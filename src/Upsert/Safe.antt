-- ===== src/Upsert/Safe.antt =====
-- That a write to an upsert stream (tunnel/upsert_stream.cpp) finds a pack.
use aliyun_odps_sdk_cpp.Prelude.{
  ℕ, ◌%◌, ◌≡◌, ◌≢◌, ◌<◌, refl, sym, Bool, true, false, List, [], ◌∷◌, ◌++◌, Option, none, some,
  length, ◌==◌, if◌then◌else◌, arith, Bool-cases, inl, inr, subst,
}
use aliyun_odps_sdk_cpp.Prelude.Int.{ℤ, pos, ltb_ℤ, ◌+ℤ◌, ◌-ℤ◌}
use aliyun_odps_sdk_cpp.Result.{
  ok, Error, undefined, pack_not_flushed, upsert_stream_closed, upsert_stream_error,
}
use aliyun_odps_sdk_cpp.Upload.{has_key}
use aliyun_odps_sdk_cpp.Upsert.{
  Pack, Stream, Done, Attempt, written, refused, listener_refused, Status, normal, error, closed,
  check_status, find_pack, put_pack, size_of, completed_pack, try_flush, stopped, unless_thrown,
  empty_pack, is_due, set_total, pass_over, flushed, new_packs, new_stream, flush_found,
  flush_buckets, flush, flush_if_needed, append_to, write_open, if_open, write_record, closed_if,
  close_from, close_stream, reset, reset_packs, reset_found, load_upsert_slots,
}
use aliyun_odps_sdk_cpp.Upsert.Kept.{find_pack-put}
use aliyun_odps_sdk_cpp.Upsert.Buckets.{AreNumbered, numbered-key, load_upsert_slots-AreNumbered}

module _ {R : Type 0} where
  -- Each key has a pack.
  abbrev pub HasPacks : List ℕ → List (ℕ × Pack R) → Type 0
  HasPacks keys packs = (b : ℕ) → has_key b keys ≡ true → find_pack b packs ≢ none

  new_packs-HasPacks : (keys : List ℕ) → HasPacks keys (new_packs keys)
  unfolding new_packs find_pack has_key
  new_packs-HasPacks [] b h = absurd (cc h)
  new_packs-HasPacks (k ∷ keys) b h = elim (Bool-cases (b == k)) [
    | inl e ↦ rw e (λ n. cc n)
    | inr e ↦ rw e (new_packs-HasPacks keys b (rw e at h))
  ]

  put_pack-HasPacks :
      (keys : List ℕ) (k : ℕ) (p : Pack R) (packs : List (ℕ × Pack R))
      → HasPacks keys packs
      → HasPacks keys (put_pack k p packs)
  put_pack-HasPacks keys k p packs h b there = elim (Bool-cases (b == k)) [
    | inl e ↦ rw (find_pack-put b k p packs, e) (λ n. cc n)
    | inr e ↦ rw (find_pack-put b k p packs, e) (h b there)
  ]

  -- What a call may end with: the packs are there, and nothing undefined was done.
  abbrev pub IsSound : List ℕ → Done R → Type 0
  IsSound keys d = HasPacks keys d.stream.packs × (d.thrown ≢ some undefined)

  try_flush-defined :
      (listens : Bool) (attempts : List Attempt) (p : Pack R)
      → (try_flush listens attempts p).failed ≢ some undefined
  unfolding try_flush
  try_flush-defined listens [] p e = cc e
  try_flush-defined listens (written ∷ attempts) p e = cc e
  try_flush-defined true (refused true ∷ attempts) p e =
      try_flush-defined true attempts (completed_pack p) e
  try_flush-defined true (refused false ∷ attempts) p e = cc e
  try_flush-defined false (refused again ∷ attempts) p e = cc e
  try_flush-defined true (listener_refused true ∷ attempts) p e =
      try_flush-defined true attempts empty_pack e
  try_flush-defined true (listener_refused false ∷ attempts) p e = cc e
  try_flush-defined false (listener_refused again ∷ attempts) p e = cc e

  reset_found-HasPacks :
      (keys : List ℕ) (b : ℕ) (found : Option (Pack R)) (packs : List (ℕ × Pack R))
      → HasPacks keys packs
      → HasPacks keys (reset_found b found packs)
  unfolding reset_found
  reset_found-HasPacks keys b none packs h = h
  reset_found-HasPacks keys b (some p) packs h = put_pack-HasPacks keys b empty_pack packs h

  reset_packs-HasPacks :
      (keys buckets : List ℕ) (packs : List (ℕ × Pack R))
      → HasPacks keys packs
      → HasPacks keys (reset_packs buckets packs)
  unfolding reset_packs
  reset_packs-HasPacks keys [] packs h = h
  reset_packs-HasPacks keys (b ∷ buckets) packs h =
      reset_packs-HasPacks keys buckets (reset_found b (find_pack b packs) packs)
        (reset_found-HasPacks keys b (find_pack b packs) packs h)

  stopped-IsSound :
      (keys : List ℕ) (s : Stream R) (thrown : Error)
      → HasPacks keys s.packs
      → thrown ≢ undefined
      → IsSound keys (stopped s thrown)
  stopped-IsSound keys s thrown h n = (h, λ e. n (cc e))

  unless_thrown-IsSound :
      (keys : List ℕ) (thrown : Option Error) (d rest : Done R)
      → IsSound keys d
      → IsSound keys rest
      → IsSound keys (unless_thrown thrown d rest)
  unfolding unless_thrown
  unless_thrown-IsSound keys (some thrown) d rest h k = h
  unless_thrown-IsSound keys none d rest h k = k

module _ {R : Type 0} (data_size : Bool → List R → ℕ) where
  flush_found-IsSound :
      (all : Bool) (keys : List ℕ) (b : ℕ) (found : Option (Pack R)) (attempts : List Attempt)
      (total : ℤ) (s : Stream R)
      → HasPacks keys s.packs
      → IsSound keys (flush_found data_size all b found attempts total s).done
  unfolding flush_found pass_over flushed
  flush_found-IsSound all keys b none attempts total s h = (h, λ e. cc e)
  flush_found-IsSound all keys b (some p) attempts total s h =
      elim (Bool-cases (length p.records == 0)) [
        | inl empty ↦ rw empty (h, λ e. cc e)
        | inr more ↦ elim (Bool-cases (is_due data_size all s p)) [
          | inl due ↦
              rw (more, due)
                (
                  put_pack-HasPacks keys b (try_flush s.listens attempts p).pack s.packs h,
                  try_flush-defined s.listens attempts p,
                )
          | inr later ↦ rw (more, later) (h, λ e. cc e)
        ]
      ]

  flush_buckets-IsSound :
      (all : Bool) (keys buckets : List ℕ) (attempts : List Attempt) (total : ℤ) (s : Stream R)
      → HasPacks keys s.packs
      → IsSound keys (flush_buckets data_size all buckets attempts total s)
  unfolding flush_buckets set_total
  flush_buckets-IsSound all keys [] attempts total s h = (h, λ e. cc e)
  flush_buckets-IsSound all keys (k ∷ buckets) attempts total s h =
      let turn = flush_found data_size all k (find_pack k s.packs) attempts total s in
      let sound = flush_found-IsSound all keys k (find_pack k s.packs) attempts total s h in
      unless_thrown-IsSound keys turn.done.thrown turn.done _ sound
        (flush_buckets-IsSound all keys buckets turn.left turn.sum turn.done.stream sound.0)

  flush_if_needed-IsSound :
      (keys buckets : List ℕ) (attempts : List Attempt) (p : Pack R) (s : Stream R)
      → HasPacks keys s.packs
      → IsSound keys (flush_if_needed data_size buckets attempts p s)
  unfolding flush_if_needed flush
  flush_if_needed-IsSound keys buckets attempts p s h =
      elim (Bool-cases (ltb_ℤ s.slot_size (size_of data_size p))) [
        | inl e ↦ rw e (flush_buckets-IsSound false keys buckets attempts (pos 0) s h)
        | inr e ↦ elim (Bool-cases (ltb_ℤ s.max_size s.total)) [
          | inl f ↦ rw (e, f) (flush_buckets-IsSound true keys buckets attempts (pos 0) s h)
          | inr f ↦ rw (e, f) (h, λ e. cc e)
        ]
      ]

  append_to-IsSound :
      (keys : List ℕ) (found : Option (Pack R)) (k : ℕ) (buckets : List ℕ) (r : R)
      (attempts : List Attempt) (s : Stream R)
      → HasPacks keys s.packs
      → found ≢ none
      → IsSound keys (append_to data_size found k buckets r attempts s)
  unfolding append_to
  append_to-IsSound keys none k buckets r attempts s h n = absurd (n refl)
  append_to-IsSound keys (some p) k buckets r attempts s h n =
      let more : Pack R = record p { records = p.records ++ r ∷ [] } in
      let t : Stream R = record s {
        packs = put_pack k more s.packs;
        total = s.total +ℤ (size_of data_size more -ℤ size_of data_size p);
      } in
      let choose = λ (c : Bool). IsSound keys (
        if c
        then stopped s pack_not_flushed
        else flush_if_needed data_size buckets attempts more t) in
      elim (Bool-cases p.completed) [
        | inl done ↦ subst choose (sym done) (stopped-IsSound keys s pack_not_flushed h (λ e. cc e))
        | inr not_done ↦ subst choose (sym not_done) (
            flush_if_needed-IsSound keys buckets attempts more t
              (put_pack-HasPacks keys k more s.packs h))
      ]

  write_open-IsSound :
      (keys : List ℕ) (hash : ℕ) (r : R) (attempts : List Attempt) (s : Stream R)
      → AreNumbered keys
      → (length keys == 0) ≡ false
      → HasPacks keys s.packs
      → IsSound keys (write_open data_size keys hash r attempts s)
  unfolding write_open
  write_open-IsSound keys hash r attempts s numbered any h =
      let k = hash % length keys in
      let below : k < length keys = ground (arith, any) in
      rw any (
        append_to-IsSound keys (find_pack k s.packs) k keys r attempts s h
          (h k (numbered-key k keys numbered below)))

  if_open-IsSound :
      (keys : List ℕ) (status : Status) (s : Stream R) (d : Done R)
      → HasPacks keys s.packs
      → IsSound keys d
      → IsSound keys (if_open (check_status status) s d)
  unfolding if_open check_status
  if_open-IsSound keys normal s d h k = k
  if_open-IsSound keys error s d h k = stopped-IsSound keys s upsert_stream_error h (λ e. cc e)
  if_open-IsSound keys closed s d h k = stopped-IsSound keys s upsert_stream_closed h (λ e. cc e)

  write_record-IsSound :
      (keys : List ℕ) (hash : ℕ) (r : R) (attempts : List Attempt) (s : Stream R)
      → AreNumbered keys
      → (length keys == 0) ≡ false
      → HasPacks keys s.packs
      → IsSound keys (write_record data_size keys hash r attempts s)
  unfolding write_record
  write_record-IsSound keys hash r attempts s numbered any h =
      if_open-IsSound keys s.status s _ h (write_open-IsSound keys hash r attempts s numbered any h)

  closed_if-IsSound :
      (keys : List ℕ) (thrown : Option Error) (d : Done R)
      → IsSound keys d
      → IsSound keys (closed_if thrown d)
  unfolding closed_if
  closed_if-IsSound keys none d h = h
  closed_if-IsSound keys (some thrown) d h = h

  close_from-IsSound :
      (keys : List ℕ) (status : Status) (attempts : List Attempt) (s : Stream R)
      → HasPacks keys s.packs
      → IsSound keys (close_from data_size status keys attempts s)
  unfolding close_from flush
  close_from-IsSound keys normal attempts s h =
      let d = flush_buckets data_size true keys attempts (pos 0) s in
      closed_if-IsSound keys d.thrown d (flush_buckets-IsSound true keys keys attempts (pos 0) s h)
  close_from-IsSound keys error attempts s h = (h, λ e. cc e)
  close_from-IsSound keys closed attempts s h = (h, λ e. cc e)

  -- The streams that a client can reach, whatever the calls throw.
  pub data Reachable (keys : List ℕ) : Stream R → Type 0 where
    started :
        (slot_size max_size : ℤ) (listens : Bool)
        → Reachable keys (new_stream keys slot_size max_size listens)
    wrote :
        {s : Stream R} (hash : ℕ) (r : R) (attempts : List Attempt)
        → Reachable keys s
        → Reachable keys (write_record data_size keys hash r attempts s).stream
    flushed_some :
        {s : Stream R} (all : Bool) (attempts : List Attempt)
        → Reachable keys s
        → Reachable keys (flush data_size all keys attempts s).stream
    closed_it :
        {s : Stream R} (attempts : List Attempt)
        → Reachable keys s
        → Reachable keys (close_stream data_size keys attempts s).stream
    reset_it : {s : Stream R} → Reachable keys s → Reachable keys (reset keys s)

  Reachable-HasPacks :
      (keys : List ℕ) {s : Stream R}
      → AreNumbered keys
      → (length keys == 0) ≡ false
      → Reachable keys s
      → HasPacks keys s.packs
  unfolding new_stream flush close_stream reset
  Reachable-HasPacks keys n e (started slot_size max_size listens) = new_packs-HasPacks keys
  Reachable-HasPacks keys n e (wrote {s} hash r attempts h) =
      (write_record-IsSound keys hash r attempts s n e (Reachable-HasPacks keys n e h)).0
  Reachable-HasPacks keys n e (flushed_some {s} all attempts h) =
      (flush_buckets-IsSound all keys keys attempts (pos 0) s (Reachable-HasPacks keys n e h)).0
  Reachable-HasPacks keys n e (closed_it {s} attempts h) =
      (close_from-IsSound keys s.status attempts s (Reachable-HasPacks keys n e h)).0
  Reachable-HasPacks keys n e (reset_it {s} h) =
      reset_packs-HasPacks keys keys s.packs (Reachable-HasPacks keys n e h)

  -- If LoadSlots has accepted the slots, with at least one bucket, and the session keeps its buckets,
  -- then on a stream made for them, after any calls, a call of Write never divides by zero and never
  -- follows the null pointer of a bucket without a pack.
  pub Reachable-write_record_defined :
      (slots : List (List ℕ)) (keys : List ℕ) (hash : ℕ) (r : R) (attempts : List Attempt)
      {s : Stream R}
      → load_upsert_slots slots ≡ ok keys
      → (length keys == 0) ≡ false
      → Reachable keys s
      → (write_record data_size keys hash r attempts s).thrown ≢ some undefined
  Reachable-write_record_defined slots keys hash r attempts {s} loaded any h =
      let numbered = load_upsert_slots-AreNumbered slots keys loaded in
      (write_record-IsSound keys hash r attempts s numbered any
        (Reachable-HasPacks keys numbered any h)).1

- - - -

§ WORK REQUEST:
The required output is every line above from the one with "unfolding flush_found pass_over flushed" down to the one with "flush_buckets-IsSound all keys []", restated word for word, ends included.

§ THE ANSWER:
  unfolding flush_found pass_over flushed
  flush_found-IsSound all keys b none attempts total s h = (h, λ e. cc e)
  flush_found-IsSound all keys b (some p) attempts total s h =
      elim (Bool-cases (length p.records == 0)) [
        | inl empty ↦ rw empty (h, λ e. cc e)
        | inr more ↦ elim (Bool-cases (is_due data_size all s p)) [
          | inl due ↦
              rw (more, due)
                (
                  put_pack-HasPacks keys b (try_flush s.listens attempts p).pack s.packs h,
                  try_flush-defined s.listens attempts p,
                )
          | inr later ↦ rw (more, later) (h, λ e. cc e)
        ]
      ]

  flush_buckets-IsSound :
      (all : Bool) (keys buckets : List ℕ) (attempts : List Attempt) (total : ℤ) (s : Stream R)
      → HasPacks keys s.packs
      → IsSound keys (flush_buckets data_size all buckets attempts total s)
  unfolding flush_buckets set_total
  flush_buckets-IsSound all keys [] attempts total s h = (h, λ e. cc e)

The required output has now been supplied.